Kobe Bryant se ne è andato un anno fa in un tragico incidente in elicottero, causato dalla scarsa visibilità per nebbia, che ha ucciso anche sua figlia Gianna di 13 anni, già una promessa del basket come suo padre, nonché altre 7 persone che viaggiavano con loro.
E noi vogliamo ricordarlo con questo articolo.

Un lutto enorme per il basket americano e internazionale così come per lo sport in generale.

Per gli sportivi italiani (e non solo) è stato un colpo diretto: Kobe era nato a Filadelfia ma sin da piccolo, a 3 anni,  si era trasferito in Italia per seguire il padre, Joe Bryant nella sua carriera in Italia.
Qui aveva imparato i fondamentali della pallacanestro col chiaro sogno di tornare negli USA per giocare da protagonista nell’NBA.


Chi lo ha conosciuto ragazzino o adolescente (fino ai 13 anni quando rientrò negli States) ha sempre ricordato come in lui bruciasse da sempre una passione incredibile per il basket. Un fuoco sacro che solo alcuni grandi sportivi hanno. La voglia di migliorarsi, di crescere, di dedicarsi a una passione.
Era sempre il primo a entrare in campo prima degli allenamenti e l’ultimo a uscirne.

Si allenava costantemente e con tenacia sui fondamentali.
Cercava di migliorare il tiro, le finte, le giocate. Perché doveva arrivare a giocare fra i grandi. E proprio nei Los Angeles Lakers ha poi disputato tutta la sua carriera da professionista, con 20 stagioni all’attivo e vincendo ben 5 titoli, con medie punti per partita sempre altissime fino a segnare ben 60 punti nella sua partita di addio nel 2016.

Ha giocato nella Nazionale Americana e nell’All Star Game, vincendo medaglie d’oro alla FIBA Americas Championship del 2007 così come alle Olimpiadi di Pechino (nel 2008) e di Londra (nel 2012), facendosi valere come Guardia tiratrice ma non sfigurando all’occorrenza come Ala piccola o Playmaker.
Nonostante un’abilità eccezionale in attacco (è stato uno dei migliori marcatori dell’NBA) non si tirava mai indietro neanche nella difesa, conquistando la fama di essere uno degli sportivi più conosciuti al mondo e dalla carriera ai massimi livelli.

Il suo amore per l’Italia è sempre rimasto. Parlava fluentemente la nostra lingua e non perdeva occasione per rientrare nel nostro paese per le vacanze come dimostrano varie interviste sui TG locali.

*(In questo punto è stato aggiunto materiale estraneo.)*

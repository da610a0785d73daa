-- ===== src/Event/Rotate.antt =====
-- RotateEvent. `_index`, `_existed` and the previous gtids never reach a buffer.
use oblogproxy.Common.{
  ℕ, ◌+◌, ◌-◌, ◌%◌, ◌^◌, ◌<◌, ◌≤◌, ◌≡◌, ◌∙◌, List, [], true, ◌++◌, Option, some, ◌==◌, arith,
  length, append_assoc, length-append, eq→==,
}
use oblogproxy.Bytes.{Read, ◌>>=◌, ◌>>◌, pure, assert, run, load_bytes, int8store, int8load}
use oblogproxy.Bytes.RoundTrip.{load_bytes-append, int8load-int8store, length-int8store}
use oblogproxy.Event.Header.{
  OblogEventHeader, flush_header, deserialize_header, common_header_length, rotate_event,
}
use oblogproxy.Event.Checksum.{
  ObLogEvent, write_checksum, get_checksum_len, get_checksum_len-le, crc32_flag,
}
use oblogproxy.Event.Framing.{IsEvent, run_framed, length-framed}

pub data Op : Type 0 where
  init rotate : Op

pub record RotateEvent : Type 0 where
  pub event : ObLogEvent
  pub open event use *
  pub next_binlog_position : ℕ
  pub next_binlog_file_name : List ℕ
  pub op : Op

abbrev rotate_header_len : ℕ
rotate_header_len = 8

-- The constructor; `_op` is not set by it. The server's id and the checksum flag come from the
-- configuration; the flags of such a header are 1.
pub new_rotate :
    (server_id flag : ℕ) → ℕ → List ℕ → (timestamp begin_position : ℕ) → Op → RotateEvent
new_rotate server_id flag next_binlog_position name timestamp begin_position op =
    let event_len =
      (common_header_length + rotate_header_len + length name + get_checksum_len flag) % 2 ^ 32 in
    let end_position = (begin_position + event_len) % 2 ^ 32 in
    record {
      event = record {
        header = record {
          timestamp = timestamp;
          type_code = rotate_event;
          server_id = server_id;
          event_length = event_len;
          next_position = end_position;
          flags = 1;
        };
        checksum_flag = flag;
      };
      next_binlog_position = next_binlog_position;
      next_binlog_file_name = name;
      op = op;
    }

abbrev body : RotateEvent → List ℕ
body e = int8store e.next_binlog_position ++ e.next_binlog_file_name

pub flush_to_buff : (List ℕ → ℕ) → RotateEvent → List ℕ
flush_to_buff crc32 e = write_checksum crc32 e.checksum_flag (flush_header e.header ++ body e)

-- The length of the name is what the header's length leaves, as a `uint64_t`.
read_body : ℕ → OblogEventHeader → Read RotateEvent
read_body flag header = do
  next_binlog_position ← int8load
  let pos = common_header_length + 8
  let binlog_file_name_len = (header.event_length + 2 ^ 64 - get_checksum_len flag - pos) % 2 ^ 64
  name ← load_bytes binlog_file_name_len
  assert (pos + binlog_file_name_len + get_checksum_len flag == header.event_length)
  pure (record {
    event = record { header = header; checksum_flag = flag };
    next_binlog_position = next_binlog_position;
    next_binlog_file_name = name;
    op = rotate;
  })

pub deserialize : ℕ → List ℕ → Option RotateEvent
unfolding read_body
deserialize flag = run (deserialize_header >>= read_body flag)

pub record IsValid (e : RotateEvent) : Type 0 where
  pub event_fits : IsEvent e.event (8 + length e.next_binlog_file_name)
  pub next_binlog_position_fits : e.next_binlog_position < 2 ^ 64

length-body : (e : RotateEvent) → length (body e) ≡ 8 + length e.next_binlog_file_name
length-body e = omega (
  arith,
  length-append (int8store e.next_binlog_position) e.next_binlog_file_name,
  length-int8store e.next_binlog_position,
)

name_len :
    (e : RotateEvent)
    → IsValid e
    → length e.next_binlog_file_name
      ≡ (e.header.event_length
          + 2 ^ 64
          - get_checksum_len e.checksum_flag
          - (common_header_length + 8))
        % 2 ^ 64
name_len e v = omega (arith, v.event_fits.sized, v.event_fits.header_fits.event_length_fits)

ends_right :
    (e : RotateEvent)
    → IsValid e
    → (common_header_length + 8 + length e.next_binlog_file_name + get_checksum_len e.checksum_flag
        == e.header.event_length)
      ≡ true
ends_right e v = eq→== _ _ (omega (arith, v.event_fits.sized))

-- An event in range whose length is set right is read back from what `flush_to_buff` wrote, with
-- its operation set to `rotate`.
pub deserialize-flush_to_buff_rotate :
    (crc32 : List ℕ → ℕ) (e : RotateEvent) (rest : List ℕ)
    → IsValid e
    → deserialize e.checksum_flag (flush_to_buff crc32 e ++ rest) ≡ some (record e { op = rotate })
unfolding deserialize flush_to_buff
deserialize-flush_to_buff_rotate crc32 e rest v =
    run_framed crc32 e.event (body e) rest _ (rw (length-body e) v.event_fits)
    ∙ simp append_assoc (
        rw (
          int8load-int8store e.next_binlog_position _ v.next_binlog_position_fits,
          run,
          ◌>>=◌,
          load_bytes-append _ e.next_binlog_file_name _ (name_len e v),
          ◌>>=◌,
          ← name_len e v,
          ends_right e v,
        ))

module _ (server_id flag position : ℕ) (name : List ℕ) (timestamp begin_position : ℕ) (op : Op)
    (server_id_fits : server_id < 2 ^ 32) (flag_known : flag ≤ crc32_flag)
    (position_fits : position < 2 ^ 64) (timestamp_fits : timestamp < 2 ^ 32)
    (has_room : begin_position + length name + 31 < 2 ^ 32) where
  new_length :
      (common_header_length + rotate_header_len + length name + get_checksum_len flag) % 2 ^ 32
      ≡ common_header_length + rotate_header_len + length name + get_checksum_len flag
  new_length = omega (arith, get_checksum_len-le flag)

  abbrev new_event : RotateEvent
  new_event = new_rotate server_id flag position name timestamp begin_position op

  new_rotate-IsValid' : IsValid new_event
  unfolding new_rotate
  new_rotate-IsValid' = omega (arith, new_length, get_checksum_len-le flag)

  -- A new event in range, with room for its position, is valid; it fills the length that it
  -- states, and the position that it states is where it ends.
  pub new_rotate-IsValid :
      (crc32 : List ℕ → ℕ)
      → IsValid new_event
        × (length (flush_to_buff crc32 new_event) ≡ new_event.header.event_length)
        × (new_event.header.next_position ≡ begin_position + length (flush_to_buff crc32 new_event))
  unfolding flush_to_buff new_rotate
  new_rotate-IsValid crc32 =
      (new_rotate-IsValid', filled, omega (arith, filled, new_length, get_checksum_len-le flag))
    where
      filled : length (flush_to_buff crc32 new_event) ≡ new_event.header.event_length
      filled =
          length-framed crc32 new_event.event (body new_event) [] (8 + length name)
            new_rotate-IsValid'.event_fits (length-body new_event)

La sua carriera, macchiata da un’accusa di stupro, ritirata nel 2004 e archiviata nello stesso anno, è una delle più incredibili del basket statunitense. Viene addirittura realizzato un corto animato, Dear Basketball, ispirato alla sua lettera di addio allo sport che vince il Premio Oscar come miglior cortometraggio di animazione nel 2018.

La sua prematura scomparsa lascia un vuoto nello sport ma un esempio di sportivo e di giocatore da imitare. Un atleta che ha sempre cercato di migliorarsi, di mirare in alto, di diventare un Campione nel suo sport e ci è riuscito. Un esempio per tutti gli sportivi del mondo.

Vogliamo chiudere questo tributo con la famosa lettera con cui chiuse la carriera:

Caro basket,
dal momento in cui ho cominciato ad arrotolare i calzini di mio padre
e a lanciare immaginari tiri della vittoria nel Great Western Forum
ho saputo che una cosa era reale:

mi ero innamorato di te.

Un amore così profondo che ti ho dato tutto
dalla mia mente al mio corpo
dal mio spirito alla mia anima.

Da bambino di 6 anni
profondamente innamorato di te
non ho mai visto la fine del tunnel.
Vedevo solo me stesso
correre fuori da uno.

E quindi ho corso.
Ho corso su e giù per ogni parquet
dietro ad ogni palla persa per te.
Hai chiesto il mio impegno
ti ho dato il mio cuore
perché c’era tanto altro dietro.

Ho giocato nonostante il sudore e il dolore
non per vincere una sfida
ma perché TU mi avevi chiamato.
Ho fatto tutto per TE
perché è quello che fai

quando qualcuno ti fa sentire vivo
come tu mi hai fatto sentire.

Hai fatto vivere a un bambino di 6 anni il suo sogno di essere un Laker
e per questo ti amerò per sempre.
Ma non posso amarti più con la stessa ossessione.
Questa stagione è tutto quello che mi resta.
Il mio cuore può sopportare la battaglia
la mia mente può gestire la fatica
ma il mio corpo sa che è ora di dire addio.

E va bene.
Sono pronto a lasciarti andare.
E voglio che tu lo sappia
così entrambi possiamo assaporare ogni momento che ci rimane insieme.
I momenti buoni e quelli meno buoni.